Note. Model weights for each participant for five competing models. The largest model weight per person is given in boldface. WN = white noise; VAR(1) = first-order vector autoregressive; VARIMA(0,1,1) = vector autoregressive integrated moving average; HMM = hidden Markov model; MSAR = Markov switching autoregressive.

The results in Table 1 show that for P1 and P2, a regime-switching model is selected, which is also the most appropriate model for 5 of the 11 controls (i.e., C1, C2, C4, C9, and C10). In contrast, the data of P3 are best described with a VARIMA(0,1,1) model, which also proved the most appropriate model for 3 of the 11 controls (i.e., C3, C6, and C8). Finally, for the remaining three controls, one was best described by a WN model (C11), the second was best described by a VAR(1) model (C5), while for the third, the WN model and the VAR(1) were equally appropriate (C7).

Clearly, based on the current sample size it is not possible to draw definite conclusions, but the current results seem to suggest that the differences in the affective regulatory mechanisms of BD patients and controls are not of a primarily qualitative nature. That is, while the WN model and VAR(1) model are only selected for controls, both the patients and many of the controls were best described by either the VARIMA(0,1,1) model or the regime-switching models. To obtain more insight in the possible quantitative differences in these cases, we take a closer look at the parameter estimates for these selected models.

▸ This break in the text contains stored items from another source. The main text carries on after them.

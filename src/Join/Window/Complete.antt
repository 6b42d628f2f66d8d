-- ===== src/Join/Window/Complete.antt =====
-- What a window of the join holds, and the results that it fires, against the pairs of its events.
use mathlib.Core.List.{Perm}
use mathlib.Core.List.Perm
use gress.Common.{
  ℕ, ◌≡◌, refl, ap, String, Bool, Option, some, List, [], ◌∷◌, ◌++◌, map, ℤ, arith, All, string_key,
  Bool-cases, inl, inr,
}
use gress.Common.Dict.{Dict, get, put}
use gress.Stream.{Event, Window}
use gress.Window.Assign.{Assigner, assign_windows}
use gress.Window.Operator.{Format, window_key}
use gress.Join.Config.{JoinType, Side, left_side, right_side}
use gress.Join.Window.{
  PointerResult, Match, WindowJoinState, state_or_new, match_left, match_right, add_to,
  process_windows, process_left, process_right, on_watermark, should_fire,
}
use gress.Join.Window.Pairs.{partners, partners_of, all_pairs, all_pairs-left, all_pairs-right}

pub map-append :
    {A B : Type 0} (f : A → B) (xs ys : List A) → map f (xs ++ ys) ≡ map f xs ++ map f ys
map-append f [] ys = refl
map-append f (x ∷ xs) ys = ap (λ zs. f x ∷ zs) (map-append f xs ys)

abbrev pub pair_of : Match → ℕ × ℕ
pair_of m = (m.left, m.right)

-- The events of a result.
abbrev pub sides : PointerResult → Option ℕ × Option ℕ
sides r = (r.left, r.right)

abbrev pub both : ℕ × ℕ → Option ℕ × Option ℕ
both (l, r) = (some l, some r)

-- A call of one of the methods that change the operator.
pub data Call : Type 0 where
  left_call right_call : ℤ → ℕ → Call
  watermark_call : ℤ → Call

module _ {V : Type 0} (event : ℕ → Event V) (kind : JoinType) (condition : Event V → Event V → Bool)
    (assigner : Assigner) (format : Format) where
  abbrev pub test : ℕ → ℕ → Bool
  test l r = condition (event l) (event r)

  unfoldable pub run_call : Call → Dict String WindowJoinState → Dict String WindowJoinState
  run_call (left_call now p) states = process_left event kind condition assigner format now p states
  run_call (right_call now p) states =
      process_right event kind condition assigner format now p states
  run_call (watermark_call watermark) states =
      (on_watermark event kind condition assigner format watermark states).0

  unfoldable pub run_calls : List Call → Dict String WindowJoinState → Dict String WindowJoinState
  run_calls [] states = states
  run_calls (c ∷ calls) states = run_calls calls (run_call c states)

  -- The matches of a window are the pairs of its events, each as often as the pair occurs.
  abbrev pub IsComplete : WindowJoinState → Type 0
  IsComplete state =
      Perm (map pair_of state.matches) (all_pairs test state.left_events state.right_events)

  match_left-partners :
      (end : ℤ) (p : ℕ) (rights : List ℕ)
      → map pair_of (match_left event kind condition assigner format end p rights)
        ≡ partners test p rights
  match_left-partners end p [] = refl
  match_left-partners end p (r ∷ rights) = ground (arith, match_left-partners end p rights)

  match_right-partners_of :
      (end : ℤ) (p : ℕ) (lefts : List ℕ)
      → map pair_of (match_right event kind condition assigner format end p lefts)
        ≡ partners_of test lefts p
  match_right-partners_of end p [] = refl
  match_right-partners_of end p (l ∷ lefts) = ground (arith, match_right-partners_of end p lefts)

  add_to-IsComplete :
      (side : Side) (p : ℕ) (state : WindowJoinState)
      → IsComplete state
      → IsComplete (add_to event kind condition assigner format side p state)
  add_to-IsComplete left_side p state h =
      rw
        (map-append pair_of state.matches
          (match_left event kind condition assigner format state.window.end p state.right_events))
        (rw (match_left-partners state.window.end p state.right_events) (
          rw (all_pairs-left test state.left_events state.right_events p)
            (Perm.append_right (partners test p state.right_events) h)))
  add_to-IsComplete right_side p state h =
      rw
        (map-append pair_of state.matches
          (match_right event kind condition assigner format state.window.end p state.left_events))
        (rw (match_right-partners_of state.window.end p state.left_events) (
          Perm.trans (Perm.append_right (partners_of test state.left_events p) h)
            (Perm.symm (all_pairs-right test state.left_events state.right_events p))))

  abbrev AllComplete : Dict String WindowJoinState → Type 0
  AllComplete states = All (λ (e : String × WindowJoinState). IsComplete e.1) states

  put-AllComplete :
      (states : Dict String WindowJoinState) (key : String) (state : WindowJoinState)
      → AllComplete states
      → IsComplete state
      → AllComplete (put states key state)
  unfolding put
  put-AllComplete [] key state h c = (c, tt)
  put-AllComplete ((j, st) ∷ states) key state h c = elim (Bool-cases (string_key.beq j key)) [
    | inl e ↦ rw e (c, h.1)
    | inr e ↦ rw e (h.0, put-AllComplete states key state h.1 c)
  ]

  get-IsComplete :
      (states : Dict String WindowJoinState) (key : String) (window : Window)
      → AllComplete states
      → IsComplete (state_or_new window (get states key))
  unfolding get
  get-IsComplete [] key window h = Perm.nil
  get-IsComplete ((j, st) ∷ states) key window h = elim (Bool-cases (string_key.beq j key)) [
    | inl e ↦ rw e h.0
    | inr e ↦ rw e (get-IsComplete states key window h.1)
  ]

  pub found-IsComplete :
      (states : Dict String WindowJoinState) (key : String) (state : WindowJoinState)
      → AllComplete states
      → get states key ≡ some state
      → IsComplete state
  found-IsComplete states key state h found =
      let held : IsComplete (state_or_new state.window (get states key)) =
        get-IsComplete states key state.window h in
      rw found at held

  process_windows-AllComplete :
      (side : Side) (p : ℕ) (windows : List Window) (states : Dict String WindowJoinState)
      → AllComplete states
      → AllComplete (process_windows event kind condition assigner format side p windows states)
  unfolding process_windows
  process_windows-AllComplete side p [] states h = h
  process_windows-AllComplete side p (window ∷ windows) states h =
      let key = window_key format (event p).key window in
      let old = state_or_new window (get states key) in
      let new = add_to event kind condition assigner format side p old in
      process_windows-AllComplete side p windows (put states key new) (
        put-AllComplete states key new h
          (add_to-IsComplete side p old (get-IsComplete states key window h)))

  on_watermark-AllComplete :
      (watermark : ℤ) (states : Dict String WindowJoinState)
      → AllComplete states
      → AllComplete (on_watermark event kind condition assigner format watermark states).0
  unfolding on_watermark
  on_watermark-AllComplete watermark [] h = tt
  on_watermark-AllComplete watermark ((key, state) ∷ states) h =
      elim (Bool-cases (should_fire watermark state)) [
        | inl e ↦ rw e (on_watermark-AllComplete watermark states h.1)
        | inr e ↦ rw e (h.0, on_watermark-AllComplete watermark states h.1)
      ]

  pub run_calls-AllComplete :
      (calls : List Call) (states : Dict String WindowJoinState)
      → AllComplete states
      → AllComplete (run_calls calls states)
  unfolding run_calls run_call process_left process_right
  run_calls-AllComplete [] states h = h
  run_calls-AllComplete (left_call now p ∷ calls) states h =
      run_calls-AllComplete calls (process_left event kind condition assigner format now p states)
        (process_windows-AllComplete left_side p (assign_windows now (event p) assigner) states h)
  run_calls-AllComplete (right_call now p ∷ calls) states h =
      run_calls-AllComplete calls (process_right event kind condition assigner format now p states)
        (process_windows-AllComplete right_side p (assign_windows now (event p) assigner) states h)
  run_calls-AllComplete (watermark_call watermark ∷ calls) states h =
      run_calls-AllComplete calls
        (on_watermark event kind condition assigner format watermark states).0
        (on_watermark-AllComplete watermark states h)
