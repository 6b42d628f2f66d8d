-- ===== src/Join/Window/Fired.antt =====
-- The results that a window of the join fires.
use mathlib.Core.List.{Perm, append_assoc}
use mathlib.Core.List.Perm
use gress.Common.{
  ℕ, ◌≡◌, refl, ap, ◌∙◌, sym, String, Bool, true, false, ◌||◌, ◌&&◌, Option, none, some, List, [],
  ◌∷◌, ◌++◌, map, ◌==◌, ==_iff, if◌then◌else◌, ℤ, arith, string_key,
}
use gress.Common.Dict.{get}
use gress.Stream.{Event}
use gress.Window.Assign.{Assigner}
use gress.Window.Operator.{Format}
use gress.Join.Config.{JoinType, keeps_left, keeps_right}
use gress.Join.Window.{
  Match, WindowJoinState, is_matched_left, is_matched_right, matched_result, unmatched_left,
  unmatched_right, window_results,
}
use gress.Join.Window.Pairs.{
  map-Perm, some_of, some_of-Perm, some_of-append, all_pairs, has_right, has_left, starts_with,
  ends_with, starts_with-all_pairs, ends_with-all_pairs,
}
use gress.Join.Window.Complete.{
  map-append, pair_of, sides, both, Call, test, run_calls, IsComplete, run_calls-AllComplete,
  found-IsComplete,
}

is_matched_left-some_of :
    (matches : List Match) (p : ℕ)
    → is_matched_left matches p ≡ some_of (starts_with p) (map pair_of matches)
is_matched_left-some_of [] p = refl
is_matched_left-some_of (m ∷ matches) p =
    ap (λ b. m.left == p || b) (is_matched_left-some_of matches p)

is_matched_right-some_of :
    (matches : List Match) (p : ℕ)
    → is_matched_right matches p ≡ some_of (ends_with p) (map pair_of matches)
is_matched_right-some_of [] p = refl
is_matched_right-some_of (m ∷ matches) p =
    ap (λ b. m.right == p || b) (is_matched_right-some_of matches p)

sides-matched_result :
    (matches : List Match) → map sides (map matched_result matches) ≡ map both (map pair_of matches)
sides-matched_result [] = refl
sides-matched_result (m ∷ matches) =
    ap (λ xs. (some m.left, some m.right) ∷ xs) (sides-matched_result matches)

module _ (test : ℕ → ℕ → Bool) where
  -- The events of a side without a partner among the others.
  abbrev pub lone_left : List ℕ → List ℕ → List (Option ℕ × Option ℕ)
  lone_left rights [] = []
  lone_left rights (l ∷ lefts) =
      let rest = lone_left rights lefts in
      if has_right test rights l then rest else (some l, none) ∷ rest

  abbrev pub lone_right : List ℕ → List ℕ → List (Option ℕ × Option ℕ)
  lone_right lefts [] = []
  lone_right lefts (r ∷ rights) =
      let rest = lone_right lefts rights in
      if has_left test lefts r then rest else (none, some r) ∷ rest

  -- The join of two lists: all pairs that match, and the events without a partner that the type of
  -- the join keeps.
  pub joined : JoinType → List ℕ → List ℕ → List (Option ℕ × Option ℕ)
  joined kind lefts rights =
      map both (all_pairs test lefts rights)
      ++ ((if keeps_left kind then lone_left rights lefts else [])
          ++ (if keeps_right kind then lone_right lefts rights else []))

module _ {V : Type 0} (event : ℕ → Event V) (test : ℕ → ℕ → Bool) (matches : List Match)
    (lefts rights : List ℕ)
    (complete : Perm (map pair_of matches) (all_pairs test lefts rights)) where
  matched_left :
      (p : ℕ) → is_matched_left matches p ≡ (some_of (λ l. l == p) lefts && has_right test rights p)
  matched_left p =
      is_matched_left-some_of matches p
      ∙ (some_of-Perm (starts_with p) complete ∙ starts_with-all_pairs test p lefts rights)

  matched_right :
      (p : ℕ) → is_matched_right matches p ≡ (some_of (λ r. r == p) rights && has_left test lefts p)
  matched_right p =
      is_matched_right-some_of matches p
      ∙ (some_of-Perm (ends_with p) complete ∙ ends_with-all_pairs test p lefts rights)

  sides-unmatched_left :
      (end : ℤ) (seen ps : List ℕ)
      → lefts ≡ seen ++ ps
      → map sides (unmatched_left event end matches ps) ≡ lone_left test rights ps
  sides-unmatched_left end seen [] split = refl
  sides-unmatched_left end seen (p ∷ ps) split =
      let here : some_of (λ l. l == p) lefts ≡ true =
        rw split (some_of-append (λ l. l == p) seen (p ∷ ps) ∙ ground (arith, ==_iff p p)) in
      let rest =
        sides-unmatched_left end (seen ++ p ∷ []) ps
          (split ∙ sym (append_assoc seen (p ∷ []) ps)) in
      ground (arith, matched_left p, here, rest)

  sides-unmatched_right :
      (end : ℤ) (seen ps : List ℕ)
      → rights ≡ seen ++ ps
      → map sides (unmatched_right event end matches ps) ≡ lone_right test lefts ps
  sides-unmatched_right end seen [] split = refl
  sides-unmatched_right end seen (p ∷ ps) split =
      let here : some_of (λ r. r == p) rights ≡ true =
        rw split (some_of-append (λ r. r == p) seen (p ∷ ps) ∙ ground (arith, ==_iff p p)) in
      let rest =
        sides-unmatched_right end (seen ++ p ∷ []) ps
          (split ∙ sym (append_assoc seen (p ∷ []) ps)) in
      ground (arith, matched_right p, here, rest)

map_if :
    {A B : Type 0} (f : A → B) (b : Bool) (xs : List A) (ys : List B)
    → map f xs ≡ ys
    → map f (if b then xs else []) ≡ (if b then ys else [])
map_if f true xs ys h = h
map_if f false xs ys h = refl

module _ {V : Type 0} (event : ℕ → Event V) (kind : JoinType) (condition : Event V → Event V → Bool)
    (assigner : Assigner) (format : Format) where
  abbrev tests : ℕ → ℕ → Bool
  tests = test event kind condition assigner format

  window_results-joined :
      (state : WindowJoinState)
      → IsComplete event kind condition assigner format state
      → Perm
          (map sides (window_results event kind state))
          (joined tests kind state.left_events state.right_events)
  unfolding window_results joined
  window_results-joined state complete =
      let end = state.window.end in
      let lefts = state.left_events in
      let rights = state.right_events in
      let alone = unmatched_left event end state.matches lefts in
      let alone' = unmatched_right event end state.matches rights in
      rw
        (map-append sides (map matched_result state.matches)
          ((if keeps_left kind then alone else []) ++ (if keeps_right kind then alone' else [])))
        (rw
          (map-append sides (if keeps_left kind then alone else [])
            (if keeps_right kind then alone' else []))
          (rw
            (map_if sides (keeps_left kind) alone (lone_left tests rights lefts) (
              sides-unmatched_left event tests state.matches lefts rights complete end [] lefts
                refl))
            (rw
              (map_if sides (keeps_right kind) alone' (lone_right tests lefts rights) (
                sides-unmatched_right event tests state.matches lefts rights complete end [] rights
                  refl))
              (rw (sides-matched_result state.matches) (
                Perm.append_right
                  ((if keeps_left kind then lone_left tests rights lefts else [])
                    ++ (if keeps_right kind then lone_right tests lefts rights else []))
                  (map-Perm both complete))))))

  -- After any calls on a new operator, the results that a window fires are, up to their order, the join
  -- of the left and the right events that it holds: every pair that the condition matches, as often as
  -- it occurs, and for an outer join each event of a kept side that has no partner in the window.
  pub fired-joined :
      (calls : List Call) (key : String) (state : WindowJoinState)
      → get (run_calls event kind condition assigner format calls []) key ≡ some state
      → Perm (map sides (window_results event kind state)) (
          joined
            (test event kind condition assigner format)
            kind
            state.left_events
            state.right_events)
  fired-joined calls key state found =
      let states = run_calls event kind condition assigner format calls [] in
      let all = run_calls-AllComplete event kind condition assigner format calls [] tt in
      window_results-joined state
        (found-IsComplete event kind condition assigner format states key state all found)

Quantitative Comparison for the VARIMA(0,1,1) model

As indicated earlier, the ARIMA(0,1,1) model is characterized by the parameter θ, which balances the tendency to preserve (when θ is close to 1) and adapt (when θ is closer to 0). Figure 3 contains the θ estimates for PA and NA for P3 and the three controls that were best described using this model. It shows that the BD patient is characterized by much lower θ parameters that the controls, which means that it takes this patient longer to return to baseline and restore equilibrium than the controls. This is in agreement with our expectation regarding quantitative differences, implying a slower-return-to-baseline in the patient. Note however that this is true for both PA and NA, which suggests either a general dysregulation (both BAS- and BIS-related), or that the BAS-related component in NA plays an important role in its dynamics (see Figure 1S in the supplementary material, for examples of different ARIMA(0,1,1) behavior).

Figure 3.

Theta estimates with standard errors for patient 3 (P3), and three controls (C3, C6, and C8). Dark bars are for positive affect (PA), and light bars are for negative affect (NA).

Quantitative Comparison for the Regime-Switching Models

With regard to the switching models, we were specifically interested in the means of PA and NA in each regime: These are the values toward which the person’s affect is being pulled and which can thus be interpreted as the attractors of the system. We were interested in whether one of the regimes reflects a manic state, while the other reflects a depressive state.

The HM model was selected for one patient (P1) and five controls (C1, C2, C4, C9, and C10), while the MSAR model was selected for one patient (P2). In Figure 4 we have included the differences in means between the two regimes for both PA and NA separately. Most notable is that the two BD patients are characterized by large mean differences in PA between the two regimes, while none of the controls is characterized by substantial differences in PA. This implies that switches between the two regimes in patients is characterized by substantial changes in PA (and for P1 also in NA), whereas changes in regimes in the controls is associated with changes in NA, but not (or only to a very minor degree) in PA. This result can be interpreted as evidence for the BAS dysregulation theory, given the theoretical link between the BAS and PA: It seems that regime-switching in BD patients is associated with large changes in PA (and thus BAS activation), whereas regime switches in healthy controls is associated with marked changes in NA (and thus BIS activation).

Figure 4.

Mean positive affect (PA) and negative affect (NA) difference across two regimes for two patients (P1 and P2), and five controls (C1, C2, C4, C9, and C10).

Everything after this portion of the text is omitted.